What the exercise asks
In the entries below, how many lines hold the string "then"? Answer with the number only.

Record set

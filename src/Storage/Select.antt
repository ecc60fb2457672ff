-- ===== src/Storage/Select.antt =====
-- What the SQL of the queries means: WHERE, ORDER BY, LIMIT, DISTINCT ON and the aggregates. Rows of
-- equal rank, which ORDER BY leaves in any order, keep the order of the table.
pub mod Laws
pub mod Limit
pub mod Found
pub mod Distinct
pub mod Members
use vkr_public.Base.{ℕ, Bool, Option, none, some, List, [], ◌∷◌, leb, not, if◌then◌else◌, take}

module _ {ℓ} {A : Type ℓ} where
  unfoldable pub where_rows : (A → Bool) → List A → List A
  where_rows p [] = []
  where_rows p (x ∷ xs) = if p x then x ∷ where_rows p xs else where_rows p xs

  unfoldable pub place : (A → A → Bool) → A → List A → List A
  place before x [] = x ∷ []
  place before x (y ∷ ys) = if before x y then x ∷ y ∷ ys else y ∷ place before x ys

  unfoldable pub order_by : (A → A → Bool) → List A → List A
  unfolding place
  order_by before [] = []
  order_by before (x ∷ xs) = place before x (order_by before xs)

  -- ORDER BY key DESC and ORDER BY key
  abbrev pub newest : (A → ℕ) → A → A → Bool
  newest key x y = leb (key y) (key x)

  abbrev pub oldest : (A → ℕ) → A → A → Bool
  oldest key x y = leb (key x) (key y)

  unfoldable pub latest : (A → Bool) → (A → ℕ) → ℕ → List A → List A
  unfolding where_rows order_by
  latest p key limit xs = take limit (order_by (newest key) (where_rows p xs))

  -- DISTINCT ON: of the rows that are the same, the first in the order of the list.
  unfoldable pub distinct_on : (A → A → Bool) → List A → List A
  unfolding where_rows
  distinct_on same [] = []
  distinct_on same (x ∷ xs) = x ∷ where_rows (λ y. not (same x y)) (distinct_on same xs)

  unfoldable pub largest : (A → A → A) → A → List A → A
  largest larger x [] = x
  largest larger x (y ∷ ys) = larger x (largest larger y ys)

  -- MAX, which is null over no row.
  unfoldable pub aggregate : (A → A → A) → List A → Option A
  unfolding largest
  aggregate larger [] = none
  aggregate larger (x ∷ xs) = some (largest larger x xs)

Task result
3